[[ Material for the task open ]]
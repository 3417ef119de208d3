-- ===== src/Manager/Deliveries.antt =====
-- The workers of internal/job/manager.go on deliveries of the queue, with what internal/job/worker.go
-- tells the broker of them.
use mathlib.Core.List.{Perm}
use golang_videoencoder_api.Prelude.{
  ℕ, ◌<◌, List, [], ◌∷◌, ◌++◌, Option, some, ◌≡◌, refl, sym, ap, ◌∙◌,
}
use golang_videoencoder_api.Domain.{Platform}
use golang_videoencoder_api.Machine.{Os, Storage}
use golang_videoencoder_api.Machine.Frame.{OsKeeps, StorageKeeps}
use golang_videoencoder_api.Repository.{JobRepository, VideoRepository}
use golang_videoencoder_api.Repository.Frame.{PlatformKeeps, VideosKeep, JobsKeep}
use golang_videoencoder_api.JobService.{JobService}
use golang_videoencoder_api.Processor.{Processor}
use golang_videoencoder_api.Worker.{Acknowledger, JobWorkerResult, work, job_worker}
use golang_videoencoder_api.Worker.Settlement.{
  Settled, Delivery, AckLaws, messages, verdicts, payloads, bodies, settled-job_worker,
  payloads-job_worker,
}
use golang_videoencoder_api.Manager.Channels.{stopped, Line, Hub, Reaches, serve_all}
use golang_videoencoder_api.Manager.Serial.{lines, stopped-Drained}

module _ {W : Type 0} (platform : Platform W) (os : Os W) (storage : Storage W)
    (service : JobService W) (processor : Option (Processor W)) (acker : ℕ → Acknowledger W) where
  -- What a worker does with a delivery of the queue.
  abbrev pub serve_delivery : Delivery → W → JobWorkerResult × W
  serve_delivery (tag, body) =
      work platform os storage service processor (record { body = body; ack = some (acker tag) })

  pub serve_all-job_worker :
      (ds : List Delivery) (w : W)
      → serve_all serve_delivery ds w
        ≡ job_worker platform os storage service processor (messages acker ds) w
  unfolding serve_all job_worker
  serve_all-job_worker [] w = refl
  serve_all-job_worker ((tag, body) ∷ ds) w =
      let (r, v) = serve_delivery (tag, body) w in
      ap (λ (p : List JobWorkerResult × W). (r ∷ p.0, p.1)) (serve_all-job_worker ds v)

-- Every delivery has one result with its body, one verdict that fits the result, and the lines of
-- the result in the log.
pub record AllSettled (accepted : List Delivery) (before after : Settled) (logs : List Line)
    : Type 0 where
  pub order : List Delivery
  pub results : List JobWorkerResult
  pub heard : List JobWorkerResult
  pub took : Perm order accepted
  pub made : payloads results ≡ bodies order
  pub settled : after ≡ before ++ verdicts order results
  pub told : Perm heard results
  pub logged : logs ≡ lines heard

module _ {W : Type 0} (platform : Platform W) (os : Os W) (storage : Storage W)
    (service : JobService W) (jobs : JobRepository W) (videos : VideoRepository W)
    (processor : Option (Processor W)) (acker : ℕ → Acknowledger W) (settled : W → Settled)
    (jobs_configured : service.job_repository ≡ some jobs)
    (videos_configured : service.video_repository ≡ some videos)
    (served : (p : Processor W) → processor ≡ some p → p.job_service ≡ some service)
    (still : PlatformKeeps platform settled) (disk : OsKeeps os settled)
    (cloud : StorageKeeps storage settled) (stored : JobsKeep jobs settled)
    (apart : VideosKeep videos settled) (laws : AckLaws acker settled) where
  -- Where the calls of a worker other than `Ack` and `Nack` are not seen by the broker, the service has
  -- its repositories and the manager has at least one worker: when the stop function has returned, the
  -- broker has been told, beside what it knew before `Start`, exactly one verdict for each delivery that
  -- was accepted, in the order in which they were served. It is `Ack` where the result of the delivery
  -- has no error text, else `Nack` without requeue. The log has the lines of each of these results once.
  pub stopped-AllSettled :
      (workers : ℕ) (w : W) (s : Hub Delivery) (v : W)
      → 0 < workers
      → Reaches (serve_delivery platform os storage service processor acker) workers w s v
      → s.phase ≡ stopped
      → AllSettled s.accepted (settled w) (settled v) s.log
  stopped-AllSettled workers w s v some_workers reached at =
      let serve = serve_delivery platform os storage service processor acker in
      let d = stopped-Drained serve workers some_workers reached at in
      let ran =
        sym (serve_all-job_worker platform os storage service processor acker d.order w) ∙ d.ran in
      let results_of = ap (λ (p : List JobWorkerResult × W). p.0) ran in
      record {
        order = d.order;
        results = d.results;
        heard = d.heard;
        took = d.took;
        made =
            ap payloads (sym results_of)
            ∙ payloads-job_worker os storage platform service processor acker d.order w;
        settled =
            ap (λ (p : List JobWorkerResult × W). settled p.1) (sym ran)
            ∙ settled-job_worker platform os storage service jobs videos processor acker settled
                jobs_configured videos_configured served still disk cloud stored apart laws d.order
                w
            ∙ ap (λ (rs : List JobWorkerResult). settled w ++ verdicts d.order rs) results_of;
        told = d.told;
        logged = d.logged;
      }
[[ Material for the task closed ]]
Instructions for the task
Scan the listing above for the line that has "(service : JobService W) (processor", then copy exactly from that line through the line that has "let (r, v) = serve_delivery".

Solution to this problem
    (service : JobService W) (processor : Option (Processor W)) (acker : ℕ → Acknowledger W) where
  -- What a worker does with a delivery of the queue.
  abbrev pub serve_delivery : Delivery → W → JobWorkerResult × W
  serve_delivery (tag, body) =
      work platform os storage service processor (record { body = body; ack = some (acker tag) })

  pub serve_all-job_worker :
      (ds : List Delivery) (w : W)
      → serve_all serve_delivery ds w
        ≡ job_worker platform os storage service processor (messages acker ds) w
  unfolding serve_all job_worker
  serve_all-job_worker [] w = refl
  serve_all-job_worker ((tag, body) ∷ ds) w =
      let (r, v) = serve_delivery (tag, body) w in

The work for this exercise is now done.